I wanted intensely to salve my self-respect
by some revenge upon him, and I felt that if that
could be done by slaying the hydra, I might drag its
carcass to the feet of Nettie, and settle my other
trouble as well. “What do you think of me
now, Nettie?”
That at any rate comes near enough
to the quality of my thinking, then, for you to imagine
how I gesticulated and spouted to Parload that night.
You figure us as little black figures, unprepossessing
in the outline, set in the midst of that desolating
night of flaming industrialism, and my little voice
with a rhetorical twang protesting, denouncing. .
. .
You will consider those notions of
my youth poor silly violent stuff; particularly if
you are of the younger generation born since the Change
you will be of that opinion. Nowadays the whole
world thinks clearly, thinks with deliberation, pellucid
certainties, you find it impossible to imagine how
any other thinking could have been possible.

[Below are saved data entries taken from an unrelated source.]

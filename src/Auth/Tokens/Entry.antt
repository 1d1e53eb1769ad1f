-- ===== src/Auth/Tokens/Entry.antt =====
-- internal/auth/auth.go: the credential that New makes of an entry.
use Prim.Native.String.{◌++◌}
use text.Mathlib.TextLemmas.{nil-append, cons-append}
use secure_dev.Prelude.{
  String, true, false, ◌≡◌, refl, sym, ap, ◌∙◌, Option, none, some, List, [], ◌∷◌, ltb, ◌==◌,
  Bool-cases, inl, inr,
}
use secure_dev.Prelude.Text.{trim_space, join}
use secure_dev.Prelude.Text.Bytes.{byte_length}
use secure_dev.Prelude.Text.Cut.{cut_first, cut_first_sound}
use secure_dev.Auth.{Role, Scope, Parsed, parsed, empty_field, no_project, parse_role, parse_scope}
use secure_dev.Auth.Tokens.{
  Credential, accepted, has_label, has_digest, check_secret, check_scope, check_rest, check_role,
  check_label, check_pair, min_token_length,
}

colon-append : (t : String) → ":" ++ t ≡ String.◌∷◌ ":" t
colon-append t = cons-append ":" "" t ∙ ap (λ r. String.◌∷◌ ":" r) (nil-append t)

cut_colon : (s a b : String) → cut_first 58 s ≡ some (a, b) → s ≡ a ++ ":" ++ b
cut_colon s a b h =
    (cut_first_sound 58 ":" s a b refl h).0 ∙ ap (λ t. a ++ t) (sym (colon-append b))

module _ (hash : String → String) where
  -- The entry is `label:role:scope:secret`, and the credential is what it says.
  pub record IsEntry (pair : String) (c : Credential) : Type 0 where
    pub label_field : String
    pub role_field : String
    pub scope_field : String
    pub secret : String
    pub composed : pair ≡ join (label_field ∷ role_field ∷ scope_field ∷ secret ∷ []) ":"
    pub label : c.label ≡ trim_space label_field
    pub labelled : (c.label == "") ≡ false
    pub role : parse_role role_field ≡ (c.role, true)
    pub scope : parse_scope scope_field ≡ parsed c.scope
    pub digest : c.digest ≡ hash secret
    pub strong : ltb (byte_length secret) min_token_length ≡ false

  -- What the last of the checks establishes.
  secret_accepted :
      (creds : List Credential) (c : Credential) (label : String) (role : Role) (secret : String)
      (scope : Scope)
      → check_secret hash creds label role secret scope ≡ accepted c
      → (c ≡ record { label = label; role = role; scope = scope; digest = hash secret })
        × ((label == "") ≡ false)
        × (ltb (byte_length secret) min_token_length ≡ false)
        × (has_label label creds ≡ false)
        × (has_digest (hash secret) creds ≡ false)
  secret_accepted creds c label role secret scope h = elim (Bool-cases (label == "")) [
    | inl e ↦ let k = rw e at h in cc
    | inr e ↦ elim (Bool-cases (ltb (byte_length secret) min_token_length)) [
      | inl f ↦ let k = rw (e, f) at h in cc
      | inr f ↦ elim (Bool-cases (has_label label creds)) [
        | inl g ↦ let k = rw (e, f, g) at h in cc
        | inr g ↦ elim (Bool-cases (has_digest (hash secret) creds)) [
          | inl d ↦ let k = rw (e, f, g, d) at h in cc
          | inr d ↦ let k = rw (e, f, g, d) at h in (cc, e, f, g, d)
        ]
      ]
    ]
  ]

  scope_accepted :
      (creds : List Credential) (c : Credential) (label : String) (role : Role) (secret : String)
      (o : Parsed)
      → check_scope hash creds label role secret o ≡ accepted c
      → (scope : Scope) × (o ≡ parsed scope)
        × (check_secret hash creds (trim_space label) role secret scope ≡ accepted c)
  scope_accepted creds c label role secret empty_field h = cc
  scope_accepted creds c label role secret (no_project raw) h = cc
  scope_accepted creds c label role secret (parsed scope) h = (scope, refl, h)

  rest_accepted :
      (creds : List Credential) (c : Credential) (label role_text : String)
      (o : Option (String × String))
      → check_rest hash creds label role_text o ≡ accepted c
      → (scope_field : String) × (secret : String) × (o ≡ some (scope_field, secret))
        × ((parse_role role_text).1 ≡ true)
        × (check_scope hash creds label (parse_role role_text).0 secret (parse_scope scope_field)
            ≡ accepted c)
  rest_accepted creds c label role_text none h = cc
  rest_accepted creds c label role_text (some (scope_field, secret)) h =
      elim (Bool-cases (parse_role role_text).1) [
        | inl e ↦ (scope_field, secret, refl, e, let k = rw e at h in k)
        | inr e ↦ let k = rw e at h in cc
      ]

  role_accepted :
      (creds : List Credential) (c : Credential) (label : String) (o : Option (String × String))
      → check_role hash creds label o ≡ accepted c
      → (role_text : String) × (rest : String) × (o ≡ some (role_text, rest))
        × (check_rest hash creds label role_text (cut_first 58 rest) ≡ accepted c)
  role_accepted creds c label none h = cc
  role_accepted creds c label (some (role_text, rest)) h = (role_text, rest, refl, h)

  label_accepted :
      (creds : List Credential) (c : Credential) (o : Option (String × String))
      → check_label hash creds o ≡ accepted c
      → (label : String) × (rest : String) × (o ≡ some (label, rest))
        × (check_role hash creds label (cut_first 58 rest) ≡ accepted c)
  label_accepted creds c none h = cc
  label_accepted creds c (some (label, rest)) h = (label, rest, refl, h)

  pub check_pair_sound :
      (creds : List Credential) (pair : String) (c : Credential)
      → check_pair hash creds pair ≡ accepted c
      → IsEntry pair c × (has_label c.label creds ≡ false) × (has_digest c.digest creds ≡ false)
  unfolding check_pair join
  check_pair_sound creds pair c h =
      let (label, rest, e1, h1) = label_accepted creds c (cut_first 58 pair) h in
      let (role_text, rest', e2, h2) = role_accepted creds c label (cut_first 58 rest) h1 in
      let (scope_field, secret, e3, known, h3) =
        rest_accepted creds c label role_text (cut_first 58 rest') h2 in
      let (scope, e4, h4) =
        scope_accepted creds c label (parse_role role_text).0 secret (parse_scope scope_field) h3 in
      let (same, labelled, strong, new_label, new_digest) =
        secret_accepted creds c (trim_space label) (parse_role role_text).0 secret scope h4 in
      rw same (
        record {
          label_field = label;
          role_field = role_text;
          scope_field = scope_field;
          secret = secret;
          composed =
              cut_colon pair label rest e1
              ∙ ap (λ t. label ++ ":" ++ t)
                  (cut_colon rest role_text rest' e2
                    ∙ ap (λ t. role_text ++ ":" ++ t) (cut_colon rest' scope_field secret e3));
          label = refl;
          labelled = labelled;
          role = ap (λ ok. ((parse_role role_text).0, ok)) known;
          scope = e4;
          digest = refl;
          strong = strong;
        },
        new_label,
        new_digest,
      )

Let me tell you then how you can bring yourself to
something like the condition of our former state.
In the first place you must get yourself out of health
by unwise drinking and eating, and out of condition
by neglecting your exercise, then you must contrive
to be worried very much and made very anxious and
uncomfortable, and then you must work very hard for
four or five days and for long hours every day at
something too petty to be interesting, too complex
to be mechanical, and without any personal significance
to you whatever. This done, get straightway into
a room that is not ventilated at all, and that is already
full of foul air, and there set yourself to think
out some very complicated problem. In a very
little while you will find yourself in a state of
intellectual muddle, annoyed, impatient, snatching
at the obvious presently in choosing and rejecting
conclusions haphazard. Try to play chess under
such conditions and you will play stupidly and lose
your temper. Try to do anything that taxes the
brain or temper and you will fail.
Now, the whole world before the Change
was as sick and feverish as that, it was worried and
overworked and perplexed by problems that would not
get stated simply, that changed and evaded solution,
it was in an atmosphere that had corrupted and thickened
past breathing; there was no thorough cool thinking
in the world at all. There was nothing in the
mind of the world anywhere but half-truths, hasty
assumptions, hallucinations, and emotions. Nothing.
. . .
I know it seems incredible, that already
some of the younger men are beginning to doubt the
greatness of the Change our world has undergone, but
read—read the newspapers of that time.
Every age becomes mitigated and a little ennobled
in our minds as it recedes into the past. It
is the part of those who like myself have stories
of that time to tell, to supply, by a scrupulous spiritual
realism, some antidote to that glamour.